Os comentários ferozes de Kassir contra a Síria e o ''Estado policial'' libanês já o haviam colocado em confusão em 2001, quando o serviço de Inteligência, apoiado pelo sírios, confiscou seu passaporte e o ameaçou de prisão. O colunista não escondia que era alvo de várias ameaças de morte.

Em abril, sob pressão internacional e do povo libanês, a Síria acabou com 29 anos de presença militar no país vizinho. Desde 29 de maio, o Líbano está em eleições gerais. Por quatro domingos, eleitores vão escolher seus novos depurados e senadores.

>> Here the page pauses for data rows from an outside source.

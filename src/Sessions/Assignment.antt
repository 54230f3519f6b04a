-- ===== src/Sessions/Assignment.antt =====
-- sessions/sessions.service.ts: which condition a new group gets (`assignCondition`), and what a
-- visitor may know of the study before (`studyInfo`).
pub mod Balanced
use Prim.Native.Nat.{ℕ}
use gdm_platform.Common.{
  Text, Text-eq, text, List, [], ◌∷◌, map, Option, none, some, Bool, true, false, ◌&&◌, not, ◌==◌,
  if◌then◌else◌, ltb, leb, nat_eq, length, keep, sort, is_some, or_else, ◌++◌,
}
use gdm_platform.Shared.Timestamp.{Timestamp}
use gdm_platform.Shared.Interventions.{WorkspaceMode}
use gdm_platform.Shared.Words.{is_test_condition}
use gdm_platform.Shared.Number.{Number}
use gdm_platform.Shared.Models.{
  Session, Participant, ParticipantRecruitmentSource, Condition, ProlificIdentity, ProlificArrival,
}
use gdm_platform.Participation.Endings.{TerminationCompensation, EndedOutcome}
use gdm_platform.Participation.State.{ParticipationState, get_prolific_arrival}
use gdm_platform.Participation.Store.{terminate_prolific_participation}
use gdm_platform.Participation.Actions.{link_prolific_arrival}
use gdm_platform.Store.State.{StoreState, RoundState}
use gdm_platform.Store.Rounds.{is_aborted, current_round, start_new_round, claimed_count}
use gdm_platform.Store.Lookup.{
  TaskMode, first, is_empty_text, find_by_tracking_token, find_by_prolific_session, find_forming,
  get_condition, get_session,
}
use gdm_platform.Store.Seats.{add_participant, set_session}
use gdm_platform.Store.Lifecycle.{
  Aborting, all_waiting, expired, AbortedLobby, LobbyStatus, abort_lobbies, create_forming,
}
use gdm_platform.Store.Settings.{list_conditions}
use gdm_platform.Sessions.State.{
  ServiceState, Environment, ServiceError, unknown_session, Result, ok, failed, Outcome, with_store,
  with_participation,
}
use gdm_platform.Sessions.Sweep.{sweep_expired_waiting_rooms}

-- A condition that recruits, with the sessions that count for its goal.
pub record Recruiting (N : Type 0) : Type 0 where
  pub condition : Condition N
  pub claimed : ℕ

-- The values that every entry shares, or `none` for `null`.
abbrev pub all_equal : ℕ → List ℕ → Bool
all_equal v [] = true
all_equal v (w ∷ ws) = nat_eq w v && all_equal v ws

abbrev pub shared_value : List ℕ → Option ℕ
shared_value [] = none
shared_value (v ∷ vs) = if all_equal v vs then some v else none

module _ {N : Type 0} where
  -- `condition.active && claimed < condition.goal`.
  abbrev pub is_recruiting : StoreState N → ℕ → Condition N → Bool
  is_recruiting st round_id condition =
      condition.active && ltb (claimed_count st condition.id round_id) condition.goal

  unfoldable pub recruiting_conditions : StoreState N → ℕ → List (Condition N) → List (Recruiting N)
  recruiting_conditions st round_id [] = []
  recruiting_conditions st round_id (c ∷ cs) =
      let rest = recruiting_conditions st round_id cs in
      if is_recruiting st round_id c
      then record { condition = c; claimed = claimed_count st c.id round_id } ∷ rest
      else rest

  unfoldable pub choose_condition : StoreState N → ℕ → Option Text → Result (Condition N)
  unfolding recruiting_conditions get_condition
  choose_condition st round_id condition_id = by_id (or_else condition_id [])
    where
      least_claimed : Option (Recruiting N) → Result (Condition N)
      least_claimed none =
          failed
            (ServiceError.conflict (text "Study is full — no active condition needs participants"))
      least_claimed (some candidate) = ok candidate.condition

      asked_for : Text → Option (Condition N) → Result (Condition N)
      asked_for id none = failed (ServiceError.not_found (text "Unknown condition " ++ id))
      asked_for id (some condition) =
          if is_recruiting st round_id condition
          then ok condition
          else failed (ServiceError.conflict (text "Condition " ++ id ++ text " is not available"))

      by_id : Text → Result (Condition N)
      by_id [] = least_claimed (
          first (
            sort (λ a b. leb a.claimed b.claimed)
              (recruiting_conditions st round_id (list_conditions st))))
      by_id (c ∷ id) = asked_for (c ∷ id) (get_condition st (c ∷ id))

module _ {N : Type 0} ⦃n : Number N⦄ where
  unfoldable pub assign_condition :
      StoreState N → Option Text → ℕ → StoreState N × Result (Condition N)
  unfolding choose_condition current_round
  assign_condition st condition_id now =
      let (st', round) = current_round st now in (st', choose_condition st' round.id condition_id)

  -- `null` where the recruiting arms differ, or where none recruits.
  unfoldable pub study_info : StoreState N → Option Text → ℕ → StoreState N × Option ℕ × Option ℕ
  unfolding get_condition current_round recruiting_conditions is_test_condition
  study_info st condition_id now = elim (wanted (or_else condition_id [])) [
    | some condition ↦ (st, some condition.group_size, some condition.duration_minutes)
    | none ↦
        let (st', round) = current_round st now in
        let arms = study_arms st' round.id in
        (
          st',
          shared_value (map (λ (c : Condition N). c.group_size) arms),
          shared_value (map (λ (c : Condition N). c.duration_minutes) arms),
        )
  ]
    where
      wanted : Text → Option (Condition N)
      wanted [] = none
      wanted (c ∷ id) = get_condition st (c ∷ id)

      study_arms : StoreState N → ℕ → List (Condition N)
      study_arms st' round_id =
          keep (λ (c : Condition N). not (is_test_condition c.id))
            (map (λ (r : Recruiting N). r.condition)
              (recruiting_conditions st' round_id (list_conditions st')))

- Obviamente alguém está tentando intimidar o povo enquanto está em processo eleitoral. Mas não há o que temer, a população quer democracia - reagiu a secretária de Estado americana, Condoleezza Rice, que classificou o crime como ''hediondo''.

O chefe de política externa da UE, Javier Solana, que também está em Washington, afirmou que o atentado é uma tragédia e que o assassino deve ser encontrado. O governo francês se declarou confiante de que os autores da explosão serão trazidos à Justiça e o secretário-geral da ONU, Kofi Annan, expressou condolências à família de Kassir.

A Síria recusou todas as acusações e criticou os políticos libaneses que responsabilizaram Damasco.

- Isso só confirma o preconceito anti-sírio destas pessoas - disse uma autoridade do ministério de Informação, que preferiu se manter anônima.

O líder da oposição libanesa drusa (seita religiosa secreta cuja crença é basicamente muçulmana), Walid Jumblatt, culpou o presidente e suas forças de segurança.

- Para quem quiser trespassá-la, a cabeça da serpente está em Baabda - afirmou Jumblatt à rede Al Arabiya. Baabda é o quartel-general de Lohoud, perto de Beirute.

Sob a lança, Lahoud condenou o assassinato de Kassir, clamando à unidade nacional. O chefe de Estado visitou a sede do sindicato dos jornalistas libaneses, para dar pessoalmente os pêsames.

- Cada vez que damos um passo adiante, vemos outras pessoas que querem bagunçar a segurança do Líbano - declarou o primeiro-ministro, Najib Mikati, que foi ao local do atentado. - A explosão tem como alvo dois elementos vitais: segurança e liberdade. Não vamos permitir que sejam agitados.

Kassir, também fundador de um pequeno grupo de oposição - Esquerda Democrática - é a figura mais importante do Líbano a ser assassinada, desde Hariri. O atentado que matou o ex-premier levou a nação a sua pior crise política desde a guerra civil, ocorrida entre 1975 e 1990. Milhares de pessoas foram às ruas, protestar contra a presença da Síria, a quem culpam pelo crime. Damasco nega participação no ataque, que a ONU ainda investiga. O organismo também criticou Beirute por não avançar no inquérito.